Cholera reported in Vietnam’s diarrhea outbreak

HANOI (Reuters) – Some cases of cholera have been confirmed among nearly 800 people suffering severe diarrhea in northern Vietnam, health officials said on Tuesday.

The state-run newspaper Hanoi Moi (New Hanoi) quoted Health Minister Nguyen Quoc Trieu as saying “cholera bacterium is emerging in eight out of 11 infected localities.”

No deaths have been reported but, in the past week, people suffering from diarrhea have been taken to hospital in 11 provinces and cities, including Hanoi.
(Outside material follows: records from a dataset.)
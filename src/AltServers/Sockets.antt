-- ===== src/AltServers/Sockets.antt =====
-- The check for a better server leaks no socket, and settles on the fastest server.
use dnbd.Base.{
  ℕ, ◌+◌, ◌*◌, ◌/◌, ◌≤◌, ◌<◌, ◌≡◌, ◌≢◌, false, ◌&&◌, not, Option, none, some, List, [], ◌∷◌, ◌++◌,
  ◌==◌, if◌then◌else◌, All, ◌⊎◌,
}
use dnbd.AltServers.Defs.{AltServer, AltLocal}
use dnbd.AltServers.Health.{
  Outcome, unreachable, image_refused, broken, measured, rtt_unreachable, Best, Check, Setup,
  record_rtt, best_rtt, penalize, test_one, Verdict, change, dont_change, not_reachable,
}

-- How often a socket is in a list, and in an option.
abbrev pub count : ℕ → List ℕ → ℕ
count x [] = 0
count x (y ∷ ys) = (if y == x then 1 else 0) + count x ys

abbrev pub sock_of : Outcome → List ℕ
sock_of unreachable = []
sock_of (image_refused sock) = sock ∷ []
sock_of (broken sock) = sock ∷ []
sock_of (measured sock rtt version) = sock ∷ []

-- The sockets that the tests opened.
abbrev pub opened : List (ℕ × Outcome) → List ℕ
opened [] = []
opened ((i, o) ∷ rest) = sock_of o ++ opened rest

abbrev count_best : ℕ → Option Best → ℕ
count_best x none = 0
count_best x (some b) = if b.sock == x then 1 else 0

-- Sockets that the loop has open or has closed.
abbrev known : ℕ → Check → ℕ
known x k = count x k.closed + count_best x k.best

-- What the servers other than the current one offer, as the loop compares it.
abbrev pub offer_of : Setup → ℕ → Outcome → Check → List ℕ
offer_of u i unreachable k = []
offer_of u i (image_refused sock) k = []
offer_of u i (broken sock) k = []
offer_of u i (measured sock rtt version) k =
    if not u.panic && (u.current == i) then [] else penalize u i (record_rtt i rtt k).0 ∷ []

abbrev pub offers : Setup → List (ℕ × Outcome) → Check → List ℕ
offers u [] k = []
offers u ((i, o) ∷ rest) k = offer_of u i o k ++ offers u rest (test_one u i o k)

-- The best does not get worse, and is as good as what was offered.
abbrev Improves : Check → Check → List ℕ → Type 0
Improves k k' found = (best_rtt k'.best ≤ best_rtt k.best) × All (λ a. best_rtt k'.best ≤ a) found

-- What a test makes of a candidate, and the candidates of all tests.
abbrev Candidate : Setup → ℕ → Outcome → Check → Best → Type 0
Candidate u i unreachable k b = ⊥
Candidate u i (image_refused sock) k b = ⊥
Candidate u i (broken sock) k b = ⊥
Candidate u i (measured sock rtt version) k b =
    ((not u.panic && (u.current == i)) ≡ false)
    × (b.sock ≡ sock)
    × (b.index ≡ i)
    × (b.version ≡ version)
    × (b.rtt ≡ penalize u i (record_rtt i rtt k).0)

abbrev pub IsCandidate : Setup → List (ℕ × Outcome) → Check → Best → Type 0
IsCandidate u [] k b = ⊥
IsCandidate u ((i, o) ∷ rest) k b = Candidate u i o k b ⊎ IsCandidate u rest (test_one u i o k) b

-- The best is the one from before, or a candidate.
abbrev Stems : Check → Check → (Best → Type 0) → Type 0
Stems k k' P = (b : Best) → k'.best ≡ some b → (k.best ≡ some b) ⊎ (P b × (b.rtt < best_rtt k.best))

-- The socket that the uplink is told to change to.
abbrev pub handed_over : ℕ → Verdict → ℕ
handed_over x (change b) = if b.sock == x then 1 else 0
handed_over x dont_change = 0
handed_over x not_reachable = 0

-- Is a time good enough to leave the current server for it?
abbrev IsWorthwhile : ℕ → ℕ → Type 0
IsWorthwhile current_rtt a = (a < 10000000) × (a < current_rtt * 2 / 3)

-- What a verdict says of the servers that were measured: `found` is what they offer, `P` holds of the
-- candidates.
abbrev pub VerdictIsRight : Setup → List ℕ → (Best → Type 0) → ℕ → Verdict → Type 0
VerdictIsRight u found P current_rtt (change b) =
    P b
    × (b.rtt < rtt_unreachable)
    × All (λ a. b.rtt ≤ a) found
    × (u.panic ≡ false → IsWorthwhile current_rtt b.rtt)
VerdictIsRight u found P current_rtt dont_change =
    (u.panic ≡ false)
    × All (λ a. (10000000 ≤ a) ⊎ (current_rtt * 2 / 3 ≤ a)) found
    × ((current_rtt ≢ rtt_unreachable) ⊎ ((b : Best) × P b × (b.rtt < rtt_unreachable)))
VerdictIsRight u found P current_rtt not_reachable =
    All (λ a. rtt_unreachable ≤ a) found × (current_rtt ≡ rtt_unreachable)

abbrev Settled : Setup → List ℕ → (Best → Type 0) → ℕ → Check → Verdict × Check → Type 0
Settled u found P current_rtt k r =
    VerdictIsRight u found P current_rtt r.0
    × ((x : ℕ) → count x r.1.closed + handed_over x r.0 ≡ known x k)

-- The loop's variables at its start.
abbrev pub check_start : List AltServer → List AltLocal → Check
check_start servers locals = record {
  servers = servers;
  locals = locals;
  best = none;
  current_rtt = rtt_unreachable;
  closed = [];
}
The capital of about 4 million people has the highest number of patients, media reports said.

The Health Ministry said 15 percent of the nearly 800 cases reported so far were positive for the cholera bacterium.
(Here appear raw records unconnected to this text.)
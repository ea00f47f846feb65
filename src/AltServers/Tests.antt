-- ===== src/AltServers/Tests.antt =====
-- Concrete runs.
use dnbd.Base.{
  ℕ, suc, ◌+◌, ◌*◌, ◌≤◌, ◌≡◌, ◌≢◌, refl, Bool, true, false, none, some, List, [], ◌∷◌, length, map,
  min, replicate, arith,
}
use dnbd.Timing.Defs.{Ticks, diff}
use dnbd.AltServers.Defs.{
  Host, AltServer, AltLocal, no_server, no_local, server_rtt_probes, net_closeness, add,
}
use dnbd.AltServers.Lists.{Pool, score, list_for_client, pass_local, pass_global}
use dnbd.AltServers.Uplinks.{Query}
use dnbd.AltServers.Health.{
  Outcome, unreachable, measured, Setup, server_failed, image_failed, update_local, find_uplink,
}
use dnbd.AltServers.Ranking.{Ranking, ScoreIsRight, list_for_client-Ranking}
use dnbd.AltServers.Closeness.{Close, net_closeness_iff}
use dnbd.AltServers.Added.{AddIsRight, add_lem}
use dnbd.AltServers.Counters.{
  asked_local, asked_global, pass_local-ends, pass_global-ends, ServerIsValid, LocalIsValid,
  counters-IsValid, Within, update_local_bounds,
}
use dnbd.AltServers.Sockets.{handed_over}

abbrev host_at : ℕ → Host
host_at x = record { addr = 10 ∷ 0 ∷ 0 ∷ x ∷ replicate 12 0; port = 5003; kind = 2 }

abbrev server_at : ℕ → Bool → List (List ℕ) → AltServer
server_at x private names = record no_server {
  host = host_at x;
  is_private = private;
  name_spaces = names;
}

abbrev three_servers : List AltServer
three_servers =
    server_at 1 false [] ∷ server_at 33 false ((97 ∷ []) ∷ []) ∷ server_at 2 true [] ∷ []

abbrev name_ab : List ℕ
name_ab = 97 ∷ 98 ∷ []

list_for_client-Ranking_example :
    Ranking
      (map (score (host_at 35) name_ab) three_servers)
      (min 2 3)
      (list_for_client (host_at 35) name_ab 2 three_servers)
    × ScoreIsRight (host_at 35) name_ab
list_for_client-Ranking_example =
    list_for_client-Ranking (host_at 35) name_ab 2 three_servers (omega arith)

net_closeness_iff_example :
    ((host_at 1).kind ≡ (host_at 33).kind → Close (host_at 1) (host_at 33))
    × ((host_at 1).kind ≢ (host_at 33).kind → net_closeness (host_at 1) (host_at 33) ≡ none)
net_closeness_iff_example = net_closeness_iff (host_at 1) (host_at 33) refl refl

add_lem_example :
    let r = add (host_at 7) true false three_servers in
    AddIsRight (host_at 7) three_servers r.index r
add_lem_example = add_lem (host_at 7) true false three_servers (omega arith)

abbrev weak_local : AltLocal
weak_local = record no_local { fails = 20; blocked = true }

abbrev weak_server : AltServer
weak_server = record no_server { fails = 20; blocked = true }

pass_local-ends_example :
    let r = pass_local (asked_local 19 weak_local) in
    (r.0 ≡ true) × (r.1.blocked ≡ false) × (r.1.fails ≡ 0)
pass_local-ends_example = pass_local-ends weak_local 19 refl (omega arith)

abbrev each_minute : ℕ → Ticks
each_minute n = record { sec = 60 * n + 60; nsec = 0 }

each_minute-later : (n : ℕ) → 6 ≤ diff (each_minute n) (each_minute (suc n))
unfolding diff
each_minute-later n = ground arith

minute_is_late : 6 ≤ diff weak_server.last_fail (each_minute 0)
unfolding diff
minute_is_late = omega arith

pass_global-ends_example :
    let r = pass_global (each_minute 19) (asked_global each_minute 19 weak_server) in
    (r.0 ≡ true) × (r.1.blocked ≡ false) × (r.1.fails ≡ 0)
pass_global-ends_example =
    pass_global-ends each_minute weak_server 19 (minute_is_late, λ n. each_minute-later n) refl
      (omega arith)

counters-IsValid_example :
    (ServerIsValid (server_failed (each_minute 0) weak_server)
      × LocalIsValid (image_failed weak_local))
    × (ServerIsValid (pass_global (each_minute 0) weak_server).1
        × LocalIsValid (pass_local weak_local).1)
counters-IsValid_example =
    counters-IsValid (each_minute 0) weak_server weak_local (λ e. omega arith) (λ e. omega arith)

abbrev measured_local : AltLocal
measured_local = record no_local { rtt = replicate server_rtt_probes 300; init_done = true }

update_local_bounds_example :
    let r = update_local 500 measured_local in
    ((300 ≤ r.0) × (r.0 ≤ 500))
    × (Within 300 500 r.1.rtt × (length r.1.rtt ≡ server_rtt_probes))
    × (r.1.init_done ≡ true)
    × (true ≡ false → r.0 ≡ 500)
update_local_bounds_example =
    update_local_bounds 300 500 500 measured_local refl (omega arith) (omega arith, omega arith)
      (λ e. (
        (omega arith, omega arith),
        (
          (omega arith, omega arith),
          (
            (omega arith, omega arith),
            ((omega arith, omega arith), ((omega arith, omega arith), tt)),
          ),
        ),
      ))

abbrev pool : Pool
pool = record { servers = three_servers; locals = none; rand = λ n. n; drawn = 0 }

abbrev query : Query
query = record {
  private_only = false;
  image = name_ab;
  size = 2;
  now = each_minute 0;
  current = some 1;
}

abbrev setup : Setup
setup = record { now = each_minute 0; panic = false; cycle_detected = false; current = 1 }

-- The current server takes 3 ms, and server 2 takes 1 ms.
abbrev tests : List (ℕ × Outcome)
tests = (0, unreachable) ∷ (1, measured 7 3000 3) ∷ (2, measured 8 1000 3) ∷ []

abbrev some_locals : List AltLocal
some_locals = replicate 3 no_local

changes_to_8 : handed_over 8 (find_uplink setup tests three_servers some_locals).0 ≡ 1
unfolding find_uplink
changes_to_8 = refl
Health authorities were urgently isolating infected areas and putting patients in quarantine, officials said.

The ministry said contaminated locally made shrimp paste or a raw fish and vegetable combination and fermented pork roll were the likely cause of the diarrhea.

The U.S. embassy in Hanoi said in a message sent by e-mail to U.S. citizens in the developing Southeast Asian country that “the Government of Vietnam has confirmed a growing outbreak of acute diarrhea … some of the cases have been confirmed as cholera.”
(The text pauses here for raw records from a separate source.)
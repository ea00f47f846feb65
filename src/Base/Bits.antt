-- ===== src/Base/Bits.antt =====
-- Binary digits: how `&` and `|` act on each of them, and which are set in a mask.
use Prim.Native.Nat.{
  ℕ, zero, suc, ◌+◌, ◌-◌, ◌*◌, ◌/◌, ◌%◌, ◌^◌, ◌≤◌, ◌<◌, min, max, bit_and, bit_or, digits, bitwise,
  bit_and-bitwise, bit_or-bitwise,
}
use mathlib.Core.Logic.{inl, inr}
use mathlib.Core.Path.{◌∙◌, ◌≡◌, refl, ap}
use mathlib.Core.Bool.{Bool, true, false, ◌&&◌, ◌||◌, not}
use native.Mathlib.Nat.{pow-suc}
use native.Mathlib.Omega.{arith}
use dnbd.Base.Tests.{◌==◌, Bool-cases}

-- Digit `k` of `x`.
unfoldable pub bit : ℕ → ℕ → Bool
bit x zero = x % 2 == 1
bit x (suc k) = bit (x / 2) k

-- The native operations recur on a count of digits; more than enough digits change nothing.
module _ (rest : ℕ → ℕ) (pair : ℕ → ℕ → ℕ) where
  one_more : (n a b : ℕ) → a ≤ n → digits rest pair (suc n) a b ≡ digits rest pair n a b
  one_more zero zero b fits = refl
  one_more zero (suc a) b fits = elim fits [ ]
  one_more (suc n) zero b fits = refl
  one_more (suc n) (suc a) b fits =
      ap (λ t. t * 2 + pair (suc a % 2) (b % 2)) (one_more n (suc a / 2) (b / 2) (omega arith))

  any_more : (d n a b : ℕ) → n ≡ d + a → digits rest pair n a b ≡ bitwise rest pair a b
  any_more zero n a b e = ap (λ t. digits rest pair t a b) (omega arith)
  any_more (suc d) n a b e =
      let e' : n ≡ suc (d + a) = omega arith in
      ap (λ t. digits rest pair t a b) e'
      ∙ (one_more (d + a) a b (omega arith) ∙ any_more d (d + a) a b refl)

  bitwise-digit :
      (a b : ℕ)
      → bitwise rest pair (suc a) b
        ≡ bitwise rest pair (suc a / 2) (b / 2) * 2 + pair (suc a % 2) (b % 2)
  bitwise-digit a b =
      ap (λ t. t * 2 + pair (suc a % 2) (b % 2))
        (any_more (a - suc a / 2) a (suc a / 2) (b / 2) (omega arith))

zero-bit_or : (b : ℕ) → bit_or 0 b ≡ b
zero-bit_or b = bit_or-bitwise 0 b

zero-bit_and : (b : ℕ) → bit_and 0 b ≡ 0
zero-bit_and b = bit_and-bitwise 0 b

-- The lowest digit and the others.
pub bit_or_digit : (a b : ℕ) → bit_or a b ≡ max (a % 2) (b % 2) + bit_or (a / 2) (b / 2) * 2
bit_or_digit zero b = omega (arith, zero-bit_or b, zero-bit_or (b / 2))
bit_or_digit (suc a) b = omega (
  arith,
  bit_or-bitwise (suc a) b,
  bit_or-bitwise (suc a / 2) (b / 2),
  bitwise-digit (λ y. y) max a b,
)

pub bit_and_digit : (a b : ℕ) → bit_and a b ≡ min (a % 2) (b % 2) + bit_and (a / 2) (b / 2) * 2
bit_and_digit zero b = omega (arith, zero-bit_and b, zero-bit_and (b / 2))
bit_and_digit (suc a) b = omega (
  arith,
  bit_and-bitwise (suc a) b,
  bit_and-bitwise (suc a / 2) (b / 2),
  bitwise-digit (λ y. 0) min a b,
)

bit_or-half : (a b : ℕ) → bit_or a b / 2 ≡ bit_or (a / 2) (b / 2)
bit_or-half a b = omega (arith, bit_or_digit a b)

bit_and-half : (a b : ℕ) → bit_and a b / 2 ≡ bit_and (a / 2) (b / 2)
bit_and-half a b = omega (arith, bit_and_digit a b)

pub bit-bit_or : (k a b : ℕ) → bit (bit_or a b) k ≡ (bit a k || bit b k)
unfolding bit
bit-bit_or zero a b = ground (arith, bit_or_digit a b)
bit-bit_or (suc k) a b = rw (bit_or-half a b) (bit-bit_or k (a / 2) (b / 2))

pub bit-bit_and : (k a b : ℕ) → bit (bit_and a b) k ≡ (bit a k && bit b k)
unfolding bit
bit-bit_and zero a b = ground (arith, bit_and_digit a b)
bit-bit_and (suc k) a b = rw (bit_and-half a b) (bit-bit_and k (a / 2) (b / 2))

-- A number below 2 ^ w with no digit set is 0; two with the same digits are equal.
pub eq_of_bits : (w a b : ℕ) → a < 2 ^ w → b < 2 ^ w → ((k : ℕ) → k < w → bit a k ≡ bit b k) → a ≡ b
unfolding bit
eq_of_bits zero a b ha hb h = omega arith
eq_of_bits (suc w) a b ha hb h = ground (
  arith,
  h 0 (omega arith),
  pow-suc 2 w,
  eq_of_bits w (a / 2) (b / 2) (omega (arith, pow-suc 2 w)) (omega (arith, pow-suc 2 w))
      (λ k hk. h (suc k) (omega arith)),
)

-- `|` stays below a power of two that bounds its arguments, and `&` below its first argument.
pub bit_or-lt : (w a b : ℕ) → a < 2 ^ w → b < 2 ^ w → bit_or a b < 2 ^ w
bit_or-lt zero a b ha hb =
    let e : a ≡ 0 = omega arith in omega (arith, zero-bit_or b, ap (λ (t : ℕ). bit_or t b) e)
bit_or-lt (suc w) a b ha hb = omega (
  arith,
  pow-suc 2 w,
  bit_or_digit a b,
  bit_or-lt w (a / 2) (b / 2) (omega (arith, pow-suc 2 w)) (omega (arith, pow-suc 2 w)),
)

pub bit_and-lt : (w a b : ℕ) → a < 2 ^ w → bit_and a b < 2 ^ w
bit_and-lt zero a b ha =
    let e : a ≡ 0 = omega arith in omega (arith, zero-bit_and b, ap (λ (t : ℕ). bit_and t b) e)
bit_and-lt (suc w) a b ha = omega (
  arith,
  pow-suc 2 w,
  bit_and_digit a b,
  bit_and-lt w (a / 2) (b / 2) (omega (arith, pow-suc 2 w)),
)

-- A test at every number below a bound, by evaluation.
unfoldable pub passes_below : ℕ → (ℕ → Bool) → Bool
passes_below zero test = true
passes_below (suc n) test = passes_below n test && test n

pub passes_below-at :
    (n x : ℕ) (test : ℕ → Bool) → x < n → passes_below n test ≡ true → test x ≡ true
unfolding passes_below
passes_below-at zero x test below t = elim below [ ]
passes_below-at (suc n) x test below t = elim (Bool-cases (x == n)) [
  | inl last ↦ ground arith
  | inr earlier ↦ passes_below-at n x test (ground arith) (ground arith)
]

full_table : passes_below 8 (λ k. bit 0xff k) ≡ true
unfolding passes_below bit
full_table = refl

pub bit_full : (k : ℕ) → k < 8 → bit 0xff k ≡ true
bit_full k h = passes_below-at 8 k _ h full_table

pub bit_zero : (k : ℕ) → bit 0 k ≡ false
unfolding bit
bit_zero zero = refl
bit_zero (suc k) = bit_zero k

-- The complement within `w` digits has the other digits.
pub bit_complement : (w x k : ℕ) → x < 2 ^ w → k < w → bit (2 ^ w - 1 - x) k ≡ not (bit x k)
unfolding bit
bit_complement zero x k hx hk = absurd (omega arith)
bit_complement (suc w) x zero hx hk = ground (arith, pow-suc 2 w)
bit_complement (suc w) x (suc k) hx hk =
    let e : (2 ^ suc w - 1 - x) / 2 ≡ 2 ^ w - 1 - x / 2 = omega (arith, pow-suc 2 w) in
    rw e (bit_complement w (x / 2) k (omega (arith, pow-suc 2 w)) (omega arith))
The message came with guidelines from the U.S. Centers For Disease Control and Prevention to reduce the risks of exposure.

Vietnam has been fighting various diseases this year, including dengue fever that has infected nearly 60,000 people, killing 50. Bird flu has killed four people and authorities have also reported “blue ear” disease in pigs.

At its most acute, cholera causes sudden watery diarrhea that can lead to death by severe dehydration and kidney failure.

The World Health Organization in Vietnam said the U.N. agency had offered technical support to investigate.

“We have been informed about severe acute diarrhea,” spokeswoman Dida Connor said. “We haven’t had any confirmation of cholera.”

WHO describes cholera is an acute diarrhoeal infection caused by ingesting the bacterium Vibrio cholerae. Transmission occurs through direct faecal-oral contamination or through eating or drinking contaminated water and food.